Early in the Morning
While driving to school the other morning, I passed a number of students standing out in the Pacific Northwest's rain. I had gotten a late start, and so I was able to see the huddled masses as I passed by.
Today, I read this article detailing a "flex" plan for school start time. For the third year in a row, I am teaching seniors first period, or 7:30 a.m. And, now that school is in its third week, the tardiness is fianlly becoming the norm.
I'd like to see our students start school later. I don't believe that it would solve the tardiness issue, but I certainly believe that more students would be on time and paying attention.
In my college years, my first class was not until 8 a.m. my freshman year. After that, I didn't take a class that started before 9 a.m. I wonder what effect a later start time would have on learning?
5 Comments:
This will be a rambling, thinking out loud post..... First of all, I think a later starting time would be better for high school and maybe junior high students. But in reality, how rooted is an early (8am) starting time for schools? Changing it would disrupt parent schedules, after school music lessons, sports practices/games, computer chat time, etc. etc. And I wonder, if a 10th grader didn't have to be at school until 9am, would they still go to bed any earlier? Considering the "nature of the beast," probably not.

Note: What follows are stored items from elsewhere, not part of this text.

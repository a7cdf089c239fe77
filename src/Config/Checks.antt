-- ===== src/Config/Checks.antt =====
-- config.go and the checks of internal/llm/chat.go and internal/llm/embedder.go: `Validate` makes its
-- checks one after the other and returns the error of the first that fails.
use go_rag_agent.Base.{
  Bool, false, ℕ, not, ◌&&◌, ◌||◌, List, [], ◌∷◌, ◌++◌, Option, none, some, if◌then◌else◌, leb, ltb,
  ℤ, is_neg, to_nat, is_empty, Text, codes, text_eq, trim_space,
}
use go_rag_agent.Config.Governance.{
  RawGovernance, raw_rate_limit_enabled, raw_breaker_enabled, positive,
}
use go_rag_agent.Config.Bridges.{
  ConfigError, first_failed, image_checks, ocr_checks, web_search_checks, no_chat_model,
  no_chat_url, bad_chat_url, no_chat_key, bad_chat_timeout, no_embedding_model, no_embedding_url,
  bad_embedding_url, no_embedding_key, bad_embedding_timeout, bad_timeout, bad_duration,
  bad_prompt_tokens, bad_history_tokens, bad_evidence_tokens, bad_summary_tokens, bad_memory_tokens,
  bad_memory_ttl, bad_stored_runes, bad_chunk_size, chunk_too_large, bad_chunk_overlap, bad_top_k,
  bad_history_rounds, bad_memory_top_k, bad_memory_threshold, bad_tool_calls, bad_attempts,
  bad_base_delay, bad_max_delay, bad_rate, bad_burst, burst_without_rate, rate_without_burst,
  bad_threshold, bad_open_timeout, bad_probes, no_threshold, no_open_timeout, bad_iterations,
  no_tools, bad_format, rerank_without_hybrid, bad_candidates, bad_rrf_k, bad_shortlist,
}
use go_rag_agent.Config.Options.{Config, with_defaults}

-- net/url's `ParseRequestURI`: the scheme and the host, where the text is a URI
pub record Url : Type 0 where
  pub scheme : Text
  pub host : Text

unfoldable pub is_base_url : Option Url → Bool
unfolding text_eq
is_base_url none = false
is_base_url (some url) =
    not (is_empty url.scheme)
    && not (is_empty url.host)
    && (text_eq url.scheme (codes "http") || text_eq url.scheme (codes "https"))

-- `firstNonEmpty`, of two values
unfoldable pub first_non_empty : Text → Text → Text
first_non_empty a b = if is_empty (trim_space a) then trim_space b else trim_space a

-- the errors of a model's own `Validate`
pub record ModelErrors : Type 0 where
  pub no_model : ConfigError
  pub no_url : ConfigError
  pub bad_url : ConfigError
  pub no_key : ConfigError
  pub bad_model_timeout : ConfigError

-- `ChatConfig.Validate` and `EmbeddingConfig.Validate`, where the model is not injected
unfoldable pub model_checks :
    (Text → Option Url) → Bool → Text → Text → Text → ℤ → ModelErrors → List (Bool × ConfigError)
unfolding is_base_url
model_checks parse injected model base_url api_key timeout errors =
    (injected || not (is_empty (trim_space model)), errors.no_model)
    ∷ (injected || not (is_empty (trim_space base_url)), errors.no_url)
    ∷ (injected || is_base_url (parse (trim_space base_url)), errors.bad_url)
    ∷ (injected || not (is_empty (trim_space api_key)), errors.no_key)
    ∷ (injected || positive timeout, errors.bad_model_timeout)
    ∷ []

unfoldable pub provider_checks : (Text → Option Url) → Config → List (Bool × ConfigError)
unfolding model_checks first_non_empty
provider_checks parse c =
    model_checks parse c.has_chat_model c.chat_model c.chat_base_url c.chat_api_key
      c.request_timeout
      (record {
        no_model = no_chat_model;
        no_url = no_chat_url;
        bad_url = bad_chat_url;
        no_key = no_chat_key;
        bad_model_timeout = bad_chat_timeout;
      })
    ++ model_checks parse c.has_embedder c.embedding_model
        (first_non_empty c.embedding_base_url c.chat_base_url)
        (first_non_empty c.embedding_api_key c.chat_api_key) c.request_timeout
        (record {
          no_model = no_embedding_model;
          no_url = no_embedding_url;
          bad_url = bad_embedding_url;
          no_key = no_embedding_key;
          bad_model_timeout = bad_embedding_timeout;
        })

unfoldable pub limit_checks : Config → List (Bool × ConfigError)
limit_checks c =
    (positive c.request_timeout, bad_timeout)
    ∷ (not (is_neg c.max_execution_duration), bad_duration)
    ∷ (positive c.max_prompt_tokens, bad_prompt_tokens)
    ∷ (positive c.max_history_tokens, bad_history_tokens)
    ∷ (positive c.max_evidence_tokens, bad_evidence_tokens)
    ∷ (positive c.max_summary_tokens, bad_summary_tokens)
    ∷ (positive c.max_memory_tokens, bad_memory_tokens)
    ∷ (not (is_neg c.long_term_memory_ttl), bad_memory_ttl)
    ∷ (positive c.long_term_memory_max_stored_runes, bad_stored_runes)
    ∷ (positive c.chunk_size, bad_chunk_size)
    ∷ (leb (to_nat c.chunk_size) 4000, chunk_too_large)
    ∷ (
      not (is_neg c.chunk_overlap) && ltb (to_nat c.chunk_overlap) (to_nat c.chunk_size),
      bad_chunk_overlap,
    )
    ∷ (positive c.top_k, bad_top_k)
    ∷ (positive c.max_history_rounds, bad_history_rounds)
    ∷ (not (is_neg c.long_term_memory_top_k), bad_memory_top_k)
    ∷ (not (is_neg c.long_term_memory_threshold), bad_memory_threshold)
    ∷ (positive c.max_tool_calls, bad_tool_calls)
    ∷ []

unfoldable pub governance_checks : RawGovernance → List (Bool × ConfigError)
unfolding raw_rate_limit_enabled raw_breaker_enabled
governance_checks g =
    let rate = raw_rate_limit_enabled g.rate_limit in
    let off = not (raw_breaker_enabled g.circuit_breaker) in
    (positive g.retry_max_attempts, bad_attempts)
    ∷ (positive g.retry_base_delay, bad_base_delay)
    ∷ (positive g.retry_max_delay, bad_max_delay)
    ∷ (not (is_neg g.rate_limit.requests_per_second), bad_rate)
    ∷ (not (is_neg g.rate_limit.burst), bad_burst)
    ∷ (rate || not (positive g.rate_limit.burst), burst_without_rate)
    ∷ (not rate || positive g.rate_limit.burst, rate_without_burst)
    ∷ (not (is_neg g.circuit_breaker.failure_threshold), bad_threshold)
    ∷ (not (is_neg g.circuit_breaker.open_timeout), bad_open_timeout)
    ∷ (not (is_neg g.circuit_breaker.half_open_max_calls), bad_probes)
    ∷ (off || positive g.circuit_breaker.failure_threshold, no_threshold)
    ∷ (off || positive g.circuit_breaker.open_timeout, no_open_timeout)
    ∷ []

unfoldable pub has_tool : Option ℕ → Bool
has_tool none = false
has_tool (some n) = ltb 0 n

unfoldable pub is_output_format : Text → Bool
unfolding text_eq
is_output_format format =
    text_eq format (codes "json_object")
    || text_eq format (codes "json_schema")
    || text_eq format (codes "prompt")

unfoldable pub feature_checks : Config → List (Bool × ConfigError)
unfolding has_tool is_output_format
feature_checks c =
    (positive c.max_iterations, bad_iterations)
    ∷ (not c.enable_tool_calling || has_tool c.registered_tools, no_tools)
    ∷ (is_output_format c.structured_output_format, bad_format)
    ∷ (not c.enable_rerank || c.enable_hybrid_search, rerank_without_hybrid)
    ∷ (positive c.hybrid_candidate_multiplier, bad_candidates)
    ∷ (positive c.hybrid_rrf_k, bad_rrf_k)
    ∷ (positive c.rerank_shortlist_multiplier, bad_shortlist)
    ∷ []

unfoldable pub checks : (Text → Option Url) → Config → List (Bool × ConfigError)
unfolding provider_checks limit_checks governance_checks feature_checks web_search_checks ocr_checks
    image_checks
checks parse c =
    provider_checks parse c
    ++ (limit_checks c
        ++ (governance_checks c.provider_governance
            ++ (feature_checks c
                ++ (web_search_checks c.web_search c.enable_web_search
                    ++ (ocr_checks c.pdf_ocr_bridge ++ image_checks c.image_text_bridge)))))

-- `Validate`: `none` for a configuration that is valid
unfoldable pub validate : (Text → Option Url) → Config → Option ConfigError
unfolding with_defaults checks first_failed
validate parse c = first_failed (checks parse (with_defaults c))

But, have high schools tried having classes from 3-4 pm? IMO, too much of school scheduling revolves around non-academic stuff.....particularly sports.
Okay, you probably won't like the comment but here it is -
Aren't we suppose to be trying to get these young folks prepared for the adult world? News Flash, in the adult world work does start at 7:00AM, in some jobs even before that. When I was in college I had some classes that started at 7:00AM (sometimes it was the ONLY section that still had seats left). IMHO, we coddle the youth WAY too much, instead of insulating them, let us teach them the ways of that wicked adult world that they will be joining shortly.

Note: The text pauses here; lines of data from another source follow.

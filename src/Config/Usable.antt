-- ===== src/Config/Usable.antt =====
-- config.go: what a configuration that `Validate` accepts gives the parts of the agent.
use go_rag_agent.Base.{
  Bool, true, false, not, ◌&&◌, ◌||◌, ℕ, zero, suc, ◌≤◌, ◌≡◌, ◌≢◌, refl, List, [], ◌∷◌, ◌++◌,
  Option, none, leb, ltb, ℤ, pos, negsuc, is_neg, to_nat, Text, arith,
}
use go_rag_agent.Rag.Chunker.{new_chunker, ok}
use go_rag_agent.Config.Governance.{RawGovernance, IsNatural, positive}
use go_rag_agent.Config.Bridges.{
  ConfigError, first_failed, image_checks, ocr_checks, web_search_checks,
}
use go_rag_agent.Config.Options.{Config, with_defaults, normalized, defaulted}
use go_rag_agent.Config.Checks.{
  Url, provider_checks, limit_checks, governance_checks, feature_checks, checks, validate, has_tool,
}

-- whether the check at a place holds
abbrev holds_at : ℕ → List (Bool × ConfigError) → Bool
holds_at n [] = true
holds_at zero (check ∷ checks) = check.0
holds_at (suc n) (check ∷ checks) = holds_at n checks

passed-at :
    (n : ℕ) (checks : List (Bool × ConfigError))
    → first_failed checks ≡ none
    → holds_at n checks ≡ true
unfolding first_failed
passed-at n [] h = refl
passed-at zero (check ∷ checks) h = ground (arith, h)
passed-at (suc n) (check ∷ checks) h = passed-at n checks (ground (arith, h))

passed-left :
    (xs ys : List (Bool × ConfigError)) → first_failed (xs ++ ys) ≡ none → first_failed xs ≡ none
unfolding first_failed
passed-left [] ys h = refl
passed-left (x ∷ xs) ys h = ground (arith, h, passed-left xs ys)

passed-right :
    (xs ys : List (Bool × ConfigError)) → first_failed (xs ++ ys) ≡ none → first_failed ys ≡ none
unfolding first_failed
passed-right [] ys h = h
passed-right (x ∷ xs) ys h = passed-right xs ys (ground (arith, h))

-- the three groups that the parts of the agent rely on
passed-groups {ℓ} :
    {A : Type ℓ} (models limits governance features others : List (Bool × ConfigError))
    → first_failed (models ++ (limits ++ (governance ++ (features ++ others)))) ≡ none
    → (first_failed limits ≡ none
        → first_failed governance ≡ none
        → first_failed features ≡ none
        → A)
    → A
passed-groups models limits governance features others h next =
    let behind_models = passed-right models (limits ++ (governance ++ (features ++ others))) h in
    let behind_limits = passed-right limits (governance ++ (features ++ others)) behind_models in
    let behind_governance = passed-right governance (features ++ others) behind_limits in
    next (passed-left limits (governance ++ (features ++ others)) behind_models)
      (passed-left governance (features ++ others) behind_limits)
      (passed-left features others behind_governance)

-- what the agent's parts rely on
pub record IsUsable (c : Config) : Type 0 where
  pub chunker :
      new_chunker c.chunk_size c.chunk_overlap
      ≡ ok (record { size = to_nat c.chunk_size; overlap = to_nat c.chunk_overlap })
  pub chunk_fits : to_nat c.chunk_size ≤ 4000
  pub prompt : 1 ≤ to_nat c.max_prompt_tokens
  pub history : 1 ≤ to_nat c.max_history_tokens
  pub evidence : 1 ≤ to_nat c.max_evidence_tokens
  pub rounds : 1 ≤ to_nat c.max_history_rounds
  pub results : 1 ≤ to_nat c.top_k
  pub tool_calls : 1 ≤ to_nat c.max_tool_calls
  pub ttl : is_neg c.long_term_memory_ttl ≡ false
  pub attempts : 1 ≤ to_nat c.provider_governance.retry_max_attempts
  pub limits : IsNatural c.provider_governance
  pub tools : c.enable_tool_calling ≡ true → has_tool c.registered_tools ≡ true
  pub rerank : c.enable_rerank ≡ true → c.enable_hybrid_search ≡ true

not-true : (b : Bool) → not b ≡ true → b ≡ false
not-true b h = ground (arith, h)

positive-not_neg : (n : ℤ) → positive n ≡ true → is_neg n ≡ false
positive-not_neg (pos n) h = refl
positive-not_neg (negsuc n) h = ground arith

positive-le : (n : ℤ) → positive n ≡ true → 1 ≤ to_nat n
positive-le n h = ground (arith, h)

implied : (a b : Bool) → (not a || b) ≡ true → a ≡ true → b ≡ true
implied a b h g = ground (arith, h, g)

governance-IsNatural : (g : RawGovernance) → first_failed (governance_checks g) ≡ none → IsNatural g
unfolding governance_checks
governance-IsNatural g h =
    let at : (n : ℕ) → holds_at n (governance_checks g) ≡ true =
      λ n. passed-at n (governance_checks g) h in
    record {
      attempts = positive-not_neg g.retry_max_attempts (at 0);
      base_delay = positive-not_neg g.retry_base_delay (at 1);
      max_delay = positive-not_neg g.retry_max_delay (at 2);
      rate = not-true _ (at 3);
      tokens = not-true _ (at 4);
      threshold = not-true _ (at 7);
      timeout = not-true _ (at 8);
      probes = not-true _ (at 9);
    }

governance-attempts :
    (g : RawGovernance)
    → first_failed (governance_checks g) ≡ none
    → 1 ≤ to_nat g.retry_max_attempts
unfolding governance_checks
governance-attempts g h = positive-le g.retry_max_attempts (passed-at 0 (governance_checks g) h)

new_chunker-ok :
    (size overlap : ℤ)
    → positive size ≡ true
    → (not (is_neg overlap) && ltb (to_nat overlap) (to_nat size)) ≡ true
    → new_chunker size overlap ≡ ok (record { size = to_nat size; overlap = to_nat overlap })
unfolding new_chunker
new_chunker-ok size overlap h g =
    let some_size : leb (to_nat size) 0 ≡ false = ground (arith, h) in
    let overlap_pos : is_neg overlap ≡ false = ground (arith, g) in
    let smaller : leb (to_nat size) (to_nat overlap) ≡ false = ground (arith, g) in
    rw (some_size, overlap_pos, smaller) refl

checked-IsUsable :
    (parse : Text → Option Url) (c : Config)
    → first_failed (limit_checks c) ≡ none
    → first_failed (governance_checks c.provider_governance) ≡ none
    → first_failed (feature_checks c) ≡ none
    → IsUsable c
unfolding limit_checks feature_checks
checked-IsUsable parse c limits governance features =
    let limit : (n : ℕ) → holds_at n (limit_checks c) ≡ true =
      λ n. passed-at n (limit_checks c) limits in
    let feature : (n : ℕ) → holds_at n (feature_checks c) ≡ true =
      λ n. passed-at n (feature_checks c) features in
    record {
      chunker = new_chunker-ok c.chunk_size c.chunk_overlap (limit 9) (limit 11);
      chunk_fits = (let h = limit 10 in ground (arith, h));
      prompt = positive-le c.max_prompt_tokens (limit 2);
      history = positive-le c.max_history_tokens (limit 3);
      evidence = positive-le c.max_evidence_tokens (limit 4);
      rounds = positive-le c.max_history_rounds (limit 13);
      results = positive-le c.top_k (limit 12);
      tool_calls = positive-le c.max_tool_calls (limit 16);
      ttl = not-true _ (limit 7);
      attempts = governance-attempts c.provider_governance governance;
      limits = governance-IsNatural c.provider_governance governance;
      tools = implied c.enable_tool_calling (has_tool c.registered_tools) (feature 1);
      rerank = implied c.enable_rerank c.enable_hybrid_search (feature 3);
    }

-- A configuration that `Validate` accepts can be used with its defaults: its chunker is made and its
-- chunks fit the context, its limits on prompt, history, evidence, rounds, results and tool calls are
-- positive, a provider is tried at least once under limits none of which is negative, tools are there
-- where they are called, and a reranking has a hybrid search.
pub validate-IsUsable :
    (parse : Text → Option Url) (c : Config) → validate parse c ≡ none → IsUsable (with_defaults c)
unfolding validate checks
validate-IsUsable parse c h =
    let d = with_defaults c in
    let others =
      web_search_checks d.web_search d.enable_web_search
      ++ (ocr_checks d.pdf_ocr_bridge ++ image_checks d.image_text_bridge) in
    passed-groups (provider_checks parse d) (limit_checks d)
      (governance_checks d.provider_governance) (feature_checks d) others h
      (checked-IsUsable parse d)

-- `Validate` refuses a negative lifetime of memories, whatever else is configured.
validate-ttl :
    (parse : Text → Option Url) (c : Config)
    → is_neg c.long_term_memory_ttl ≡ true
    → validate parse c ≢ none
unfolding with_defaults normalized defaulted
validate-ttl parse c h valid =
    let ttl : is_neg c.long_term_memory_ttl ≡ false = (validate-IsUsable parse c valid).ttl in
    absurd (ground (arith, h, ttl))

While I agree that we should be preparing them for the "adult world," I've recently been thinking that they are not actually adults yet. I do agree that we coddle them, but at 14-18 years of age, is proper rest more important than the "real world" that should still be quite far off?
Well as most research shows, melatonin in teenagers specifically is more violent and much more active than adults or children. It's not about coddling youth, it's about simple biology. Melatonin MAKES people fall asleep, and it starts at 10-11 roughly every night and doesn't cease it's reaction until 8 a.m. every day.
So some may think we're just preparing them for the "adult world", we're really just making them struggle in what should be the funnest years of their lives. Besides when these teens who are NOT adults, become adults, the meltonin will calm down and 7:00 am won't sound so horrendous.
So we're not really "insulating" teens as you put it, we're simply agreeing with biology.
In my opinion, the school day is nowhere near long enough. School teaching hours should start at 8am and end at 3pm with two half an hour breaks for breakfast and lunch (9.30 and 1.30). The teaching staffs' day ends here. And so the recreational staff begin their shift. After a short break, from 3.15-6pm there should be mandatory afterschool sporting/creative activities. This gives parents enough time to get to and from work in time to spend the evening with their children.
Young people are a focal point for poor discipline these days, particulary in urban districts. I believe we adults should be laying the foundations of self-efficacy to prepare them for adult lives. This means being motivated to succeed at their responsibilities. As adults we face a plethora of barriers and constricting situations and I feel that young people are lulled into a false sense of security.
It's high time the adult nation took back the control. I'm not talking about the return of the cane, I'm talking about showing the youth of our nation that the power is in being an adult, not a child.